EDIT: Look at this page. >>
No, sound doubles in amplitude every 3dB, precieved sound (what you hear) doubles every 10 dB (or one bel).
That page makes working with decibel quantities more complex than it really is because it's combining more than one step into one equation and using some notation some readers might not be familiar with. I suggest that anyone who's interested in finding the total value of dB their system makes learn the method(s) below at the very least (it wouldn't hurt to read some general info on the subject too), because it's faster than using the web calculator linked to above when you need to add up more than two quantities once you've done it a few times. It's also more accurate (the website rounds to the nearest tenth). Okay, here goes:
Working with decibel quantities requires a little knowledge of logarithms and algebra, or a 100 level Physics course. If you don't meant those requirements, you can use the equations below. I've done pretty much all the work, making it a simple plug-in-values deal. So you'll only need to know how to use basic functions on a calculator, adding, log (log base 10, meaning just push the log button), exponentials, squaring, and square rooting (and not even the last two if you use the second method).

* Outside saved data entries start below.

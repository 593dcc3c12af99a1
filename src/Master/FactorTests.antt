-- ===== src/Master/FactorTests.antt =====
-- The factors and the configuration of the master at concrete inputs.
use file_transfer_cmd.Prelude.{
  List, Option, [], arith, false, none, refl, some, true, ℕ, ◌*◌, ◌++◌, ◌-◌, ◌==◌, ◌^◌, ◌∷◌, ◌≡◌,
}
use file_transfer_cmd.Conf.{
  codes, decimal, in_int, is_comment_or_empty, is_digit, is_space, parse_digits, skip_space,
  stoi_digits,
}
use file_transfer_cmd.Doubles.Naturals.{naturals}
use file_transfer_cmd.Master.{
  RateCollector, RateInfo, RateQueueElem, Report, all_ready, collect_rate, extend_queue, fill_at,
  fill_row, hang_up, leaves, new_collector, new_row, publish, publishes, put_report, rate_of,
  run_collector,
}
use file_transfer_cmd.Master.Config.{
  ClientInfo, by_unit, check_client, client_line, clients, digits_rest, fill_client, int_digits,
  int_signed, master_line, next_int, parse_delay, parse_master_config, parse_size, read_rest,
  scaled, stoull, stoull_digits, stoull_signed, take_word, unsnoc, wrap_sign,
}
use file_transfer_cmd.Master.Config.Sizes.{giga, letter, parse_size-decimal}
use file_transfer_cmd.Master.Factor.{
  Factors, caculator_factor, factor_lines, fairness_of, no_factors, sum_stability,
}
use file_transfer_cmd.Master.Factor.Window.{AllSeen, add_rows, caculator_factor-Seen}
use file_transfer_cmd.Master.Rows.{IsOrdered}
use file_transfer_cmd.Master.Short.{short_transfer_waits}
use file_transfer_cmd.Master.TestCase.{collect_test_rate, every_ready}
use file_transfer_cmd.Master.TestCase.Complete.{Filled, collect_test_rate-Filled}
use file_transfer_cmd.Prelude.Int.{pos}
use file_transfer_cmd.Switch.Config.{is_white, next_word, strip, strip_end, strip_start, word_split}

-- Two tasks send, the third has not started.
abbrev rate_lines : List (List (Option ℕ))
rate_lines =
    (some 5 ∷ none ∷ none ∷ []) ∷ (some 7 ∷ some 0 ∷ none ∷ []) ∷ (some 6 ∷ some 2 ∷ []) ∷ []

caculator_factor-Seen_example :
    (f : Factors ℕ) × (factor_lines naturals rate_lines (no_factors naturals) ≡ some f)
    × (caculator_factor naturals (λ x. x) rate_lines
        ≡ some (
          fairness_of naturals f,
          naturals.div
              (sum_stability naturals (λ x. x) (naturals.of_nat 0) f.tasks)
              (naturals.of_nat 3),
        ))
    × AllSeen naturals (add_rows naturals rate_lines ([] ∷ [] ∷ [] ∷ [])) f.tasks
caculator_factor-Seen_example =
    caculator_factor-Seen naturals (λ x. x) rate_lines
      (omega arith, (omega arith, (omega arith, tt)))

seen : add_rows naturals rate_lines ([] ∷ [] ∷ [] ∷ []) ≡ (5 ∷ 7 ∷ 6 ∷ []) ∷ (2 ∷ []) ∷ [] ∷ []
seen = refl

parse_size-decimal_example : parse_size (decimal 13 12 ++ letter giga false) ≡ some (12 * 2 ^ 30)
parse_size-decimal_example = parse_size-decimal giga false 12 (omega arith) (omega arith)

-- A product that wraps is accepted.
wrapped : parse_size (codes "17179869184G") ≡ some 0
unfolding parse_size unsnoc by_unit scaled stoull stoull_signed stoull_digits wrap_sign skip_space
    is_space is_digit parse_digits
wrapped = refl

-- A delay of one digit, with its unit cut off.
abbrev stod_digit : List ℕ → Option ℕ
stod_digit [] = none
stod_digit (c ∷ cs) = some (c - b'0')

abbrev master_lines : List (List ℕ)
master_lines = codes "# clients" ∷ codes "10.0.0.1 10.0.1.1 10.0.2.1 52025 2M 3s" ∷ []

abbrev one_client : ClientInfo ℕ
one_client = record {
  socket_ip = codes "10.0.0.1";
  local_ip = codes "10.0.1.1";
  server_ip = codes "10.0.2.1";
  port_number = pos 52025;
  file_size = 2097152;
  delay_time = 3;
}

master_lines-run :
    parse_master_config naturals stod_digit master_lines [] ≡ clients (one_client ∷ [])
unfolding parse_master_config master_line client_line read_rest take_word fill_client check_client
    parse_delay parse_size unsnoc by_unit scaled stoull stoull_signed stoull_digits wrap_sign
    skip_space is_space is_digit parse_digits next_int int_signed int_digits digits_rest stoi_digits
    in_int next_word word_split strip strip_start strip_end is_white is_comment_or_empty
master_lines-run = refl

abbrev report : RateInfo ℕ
report = record { seq_num = 2; rate = 7 }

fresh-IsOrdered : IsOrdered {D = ℕ} 2 0 (new_collector 2)
unfolding new_collector
fresh-IsOrdered = record { rows = tt; wait = refl; clients = refl }

collect_test_rate-Filled_example :
    (c' : RateCollector ℕ) × (collect_test_rate 0 (λ r. r == 0) 1 0 report (new_collector 2)
      ≡ some c')
    × Filled 0 (λ r. r == 0) 2 0 0 3 report (extend_queue 0 5 3 (new_collector 2)) c'
collect_test_rate-Filled_example =
    collect_test_rate-Filled 0 (λ r. r == 0) 2 1 0 0 report (new_collector 2) fresh-IsOrdered
      (omega arith) (omega arith)

-- Two clients: a row is complete when both have reported.
half_ready :
    every_ready {D = ℕ}
      (λ r. r == 0)
      0
      (false ∷ false ∷ [])
      (report ∷ record { seq_num = 0; rate = 0 } ∷ [])
    ≡ false
unfolding every_ready
half_ready = refl

-- One client reports its start and its end, and hangs up.
abbrev short_steps : List (Report ℕ)
short_steps =
    rate_of 0 (record { seq_num = 0; rate = 9 })
    ∷ rate_of 0 (record { seq_num = 1; rate = 0 })
    ∷ leaves
    ∷ publishes
    ∷ []

abbrev short_end : RateCollector ℕ
short_end = record {
  rate_queue =
      record { rates = record { seq_num = 1; rate = 0 } ∷ []; ready = true; seq_num = 1 } ∷ [];
  client_num = 1;
  wait_seq_num = 2;
  finished_count = 0;
  finished_arr = false ∷ [];
  finished = false;
}

abbrev first_row : RateQueueElem ℕ
first_row = record { rates = record { seq_num = 0; rate = 9 } ∷ []; ready = true; seq_num = 0 }

short_steps-run :
    run_collector 0 (λ r. r == 0) short_steps (new_collector 1) []
    ≡ some (short_end, first_row ∷ [])
unfolding run_collector collect_rate put_report fill_at fill_row all_ready extend_queue new_row
    new_collector hang_up publish
short_steps-run = refl

short_transfer_waits_example : (short_end.finished ≡ false) × (short_end.finished_count ≡ 0)
short_transfer_waits_example =
    short_transfer_waits 0 (λ r. r == 0) 1 short_steps (omega arith)
      (omega arith, (omega arith, tt)) short_steps-run
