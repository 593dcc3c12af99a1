-- ===== src/Master/Tests.antt =====
-- A run of the collector, and the theorem on it. The rates are numbers, and 0 is a negative rate.
use file_transfer_cmd.Prelude.{List, [], arith, false, length, some, ℕ, ◌==◌, ◌∷◌, ◌≡◌}
use file_transfer_cmd.Master.{
  RateCollector, RateInfo, RateQueueElem, Report, all_ready, collect_rate, extend_queue, fill_at,
  fill_row, hang_up, leaves, new_collector, new_row, publish, publishes, put_report, rate_of,
  run_collector,
}
use file_transfer_cmd.Master.Order.{Timely, published_in_order}
use file_transfer_cmd.Master.Rows.{IsOrdered, Rows}

abbrev rate : ℕ → ℕ → RateInfo ℕ
rate seq r = record { seq_num = seq; rate = r }

-- One client reports twice; the row in front is published.
abbrev steps : List (Report ℕ)
steps =
    publishes ∷ rate_of 0 (rate 0 5) ∷ publishes ∷ rate_of 0 (rate 1 7) ∷ leaves ∷ publishes ∷ []

steps-Timely : Timely 0 (λ r. r == 0) 1 0 steps (new_collector 1)
unfolding new_collector collect_rate put_report fill_at fill_row extend_queue new_row all_ready
    publish hang_up
steps-Timely = (omega arith, omega arith, (omega arith, omega arith, tt))

published_in_order_example :
    (c : RateCollector ℕ) × (log : List (RateQueueElem ℕ)) × (run_collector 0
        (λ r. r == 0)
        steps
        (new_collector 1)
        []
      ≡ some (c, log))
    × IsOrdered 1 (length log) c
    × Rows 1 0 log
published_in_order_example = published_in_order 0 (λ r. r == 0) 1 steps steps-Timely

abbrev one_row : RateCollector ℕ
one_row = record {
  rate_queue = record { rates = rate 0 0 ∷ []; ready = false; seq_num = 4 } ∷ [];
  client_num = 1;
  wait_seq_num = 5;
  finished_count = 0;
  finished_arr = false ∷ [];
  finished = false;
}
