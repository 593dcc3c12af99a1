-- ===== src/Prelude/Mod.antt =====
-- Remainders of numbers that are near each other, for the rings of buffers.
use Prim.Native.Nat.{ℕ, ◌+◌, ◌-◌, ◌%◌, ◌<◌, ◌≤◌}
use mathlib.Core.Path.{◌≡◌, sym, ◌∙◌}
use mathlib.Core.Logic.{◌≢◌, inl, inr}
use native.Mathlib.Nat.{mod-add-mod, mod-eq-sub-mod, mod-eq_of_lt, mod-lt}
use native.Mathlib.Omega.{arith}
use file_transfer_cmd.Prelude.Tests.{ltb, ltb→lt, Bool-cases}

pub mod_apart : (k d n : ℕ) → 0 < d → d < n → k % n ≢ (k + d) % n
mod_apart k d n lo hi e =
    let same : k % n ≡ (k % n + d) % n = e ∙ sym (mod-add-mod k n d) in
    let low : k % n < n = mod-lt k {m = n} (omega arith) in
    elim (Bool-cases (ltb (k % n + d) n)) [
      | inl less ↦ omega (arith, same ∙ mod-eq_of_lt (ltb→lt _ _ less))
      | inr more ↦
          let over : n ≤ k % n + d = ground arith in
          let under : k % n + d - n < n = omega arith in
          omega (arith, same ∙ mod-eq-sub-mod over ∙ mod-eq_of_lt under)
    ]
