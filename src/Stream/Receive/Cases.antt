-- ===== src/Stream/Receive/Cases.antt =====
-- Which branch of the receiver's body a block number takes, and what that branch returns.
use file_transfer_cmd.Prelude.{
  Bool-cases, List, arith, false, get_elem?, inl, inr, ltb, refl, set, some, true, ℕ, ◌<◌, ◌==◌,
  ◌∷◌, ◌≡◌, ◌≤◌,
}
use file_transfer_cmd.Prelude.Int.{beq_ℤ, ltb_ℤ, negsuc, pos, suc_ℤ, ℤ}
use file_transfer_cmd.Prelude.Words.{add32, sub32}
use file_transfer_cmd.Stream.Receive.{
  Receiver, RecvItem, count, drain, fill, mark_late, receive, skip_ahead,
}

pub top_of_beq : (a : ℕ) (m : ℤ) → beq_ℤ (pos a) m ≡ true → m ≡ pos a
top_of_beq a (pos b) h = ground arith
top_of_beq a (negsuc b) h = cc

-- The branches of one completion, by where its number stands.
pub data ReceiveCase (id : ℕ) (r : Receiver) : Type 0 where
  is_old : id < r.expect_seq → receive id r ≡ some r → ReceiveCase id r
  is_next :
      id ≡ r.expect_seq
      → suc_ℤ r.recv_max_seq ≤ r.expect_seq
      → receive id r
        ≡ some (count (record r { expect_seq = add32 r.expect_seq 1; recv_max_seq = pos id }))
      → ReceiveCase id r
  is_front :
      id ≡ r.expect_seq
      → r.expect_seq < suc_ℤ r.recv_max_seq
      → receive id r ≡ fill id r r.unrecv
      → ReceiveCase id r
  is_late :
      r.expect_seq < id
      → id < suc_ℤ r.recv_max_seq
      → receive id r ≡ mark_late id r
      → ReceiveCase id r
  is_ahead :
      r.expect_seq < id
      → suc_ℤ r.recv_max_seq ≤ id
      → receive id r ≡ some (skip_ahead id r)
      → ReceiveCase id r
  is_top : r.recv_max_seq ≡ pos id → receive id r ≡ some r → ReceiveCase id r

pub ltb_ℤ-pos : (m : ℤ) (k : ℕ) → suc_ℤ m ≤ k → ltb_ℤ m (pos k) ≡ true
ltb_ℤ-pos (pos m) k h = ground arith
ltb_ℤ-pos (negsuc m) k h = refl

pub ltb_ℤ-pos_not : (m : ℤ) (k : ℕ) → k < suc_ℤ m → ltb_ℤ m (pos k) ≡ false
ltb_ℤ-pos_not (pos m) k h = ground arith
ltb_ℤ-pos_not (negsuc m) k h = absurd (omega arith)

pub pos-ltb_ℤ : (m : ℤ) (k : ℕ) → ltb_ℤ (pos k) m ≡ true → k < suc_ℤ m
pos-ltb_ℤ (pos m) k h = ground arith
pos-ltb_ℤ (negsuc m) k h = cc

pub eq_of_not-ltb_ℤ : (m : ℤ) (k : ℕ) → k < suc_ℤ m → ltb_ℤ (pos k) m ≡ false → m ≡ pos k
eq_of_not-ltb_ℤ (pos m) k h g = ground arith
eq_of_not-ltb_ℤ (negsuc m) k h g = absurd (omega arith)

pub above-cases :
    (id : ℕ) (r : Receiver) → r.expect_seq < id → (id == r.expect_seq) ≡ false → ReceiveCase id r
unfolding receive
above-cases id r h ne = elim (Bool-cases (ltb id (suc_ℤ r.recv_max_seq))) [
  | inr out ↦
      is_ahead h (ground arith)
        (ground (arith, ltb_ℤ-pos r.recv_max_seq id, pos-ltb_ℤ r.recv_max_seq id))
  | inl inside ↦ elim (Bool-cases (ltb_ℤ (pos id) r.recv_max_seq)) [
    | inl less ↦ is_late h (ground arith) (ground arith)
    | inr no_less ↦
        is_top (eq_of_not-ltb_ℤ r.recv_max_seq id (ground arith) no_less)
          (ground (arith, ltb_ℤ-pos_not r.recv_max_seq id))
  ]
]

pub expected-cases : (id : ℕ) (r : Receiver) → id ≡ r.expect_seq → ReceiveCase id r
unfolding receive
expected-cases id r e = elim (Bool-cases (ltb r.expect_seq (suc_ℤ r.recv_max_seq))) [
  | inl inside ↦
      is_front e (ground arith) (ground (arith, ltb_ℤ-pos_not r.recv_max_seq r.expect_seq))
  | inr out ↦ is_next e (ground arith) (ground (arith, ltb_ℤ-pos r.recv_max_seq r.expect_seq))
]

pub receive-cases : (id : ℕ) (r : Receiver) → ReceiveCase id r
unfolding receive
receive-cases id r = elim (Bool-cases (ltb id r.expect_seq)) [
  | inl less ↦ is_old (ground arith) (rw less)
  | inr no_less ↦ elim (Bool-cases (id == r.expect_seq)) [
    | inl same ↦ expected-cases id r (ground arith)
    | inr other ↦ above-cases id r (ground arith) other
  ]
]

pub fill_lem :
    (id : ℕ) (r : Receiver) (x : RecvItem) (xs : List RecvItem)
    → beq_ℤ (pos r.expect_seq) r.recv_max_seq ≡ false
    → x.seq ≡ id
    → let out = drain (record x { recved = true } ∷ xs) r.expect_seq in
      fill id r (x ∷ xs) ≡ some (count (record r { unrecv = out.0; expect_seq = out.1 }))
unfolding fill
fill_lem id r x xs h e = ground arith

pub mark_late_old :
    (id : ℕ) (r : Receiver) (x : RecvItem)
    → get_elem? r.unrecv (sub32 id r.expect_seq) ≡ some x
    → x.recved ≡ true
    → mark_late id r ≡ some r
unfolding mark_late
mark_late_old id r x g old = rw (g, mark_late) (rw old)

pub mark_late_new :
    (id : ℕ) (r : Receiver) (x : RecvItem)
    → get_elem? r.unrecv (sub32 id r.expect_seq) ≡ some x
    → x.recved ≡ false
    → mark_late id r
      ≡ some (
          count (record r {
            unrecv = set r.unrecv (sub32 id r.expect_seq) (record x { recved = true });
          }))
unfolding mark_late
mark_late_new id r x g new = rw (g, mark_late) (ground arith)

You can't add dB directly, first you have to convert it to either Sound Pressure Level or Sound Intensity Level. I won't bother defining and explaining absolutely everything and such, you people who really want to be in the know would probably go and find a better source anyway, so this'll just be the skinny. Okay, the equations below assume that the point of reference is the average human threshold of hearing, 2 x 10^-5 N/m^2 (Newtons/meter squared) is 0 dB and that the sounds are uncorrelated. Correlated sound would be two sounds of exact amplitude and period equidistant to the listener, ie. an eletrical signal split in two, fed to two exactly same speakers, both equidistant to you, you won't get this with fans. Basically, what you're going to do is either:
Convert dB values to SPL (Sound Pressure Level)
Add the squares of the SPL values
Square root the result
Convert back to dB
OR
Convert the dB values to SIL (Sound Intensity Level)
Add the values together
Convert back to dB
For SPL:
dB = 20 * log(P/(2 x 10^-5))
With some Algebra, we get:
(10^(dB/20)) * (2 x 10^-5) = P
P being the SPL
Then, just take all the
P values and square them individually, add them together, take that result and square root it, then plug it back into the original SPL equation (the total SPL value goes into
P).
For SIL:
dB = 10 * log(I/(10^(-12)))
Throw in some Algebra:
(10^(dB/10)) * 10^(-12) = I
I being the SIL
Then, take all the
I values, simply add them together (no squaring involved), then take the total SIL value and plug it back into the original SIL equation, substituting
I for that total SIL value.
After learning that, I recommend learning about SPL and SIL, what they are, how they relate to each other, how they differ from each other. With the subject of sound, understanding of Trigonometry is a must (sine waves, logarithms, etc.).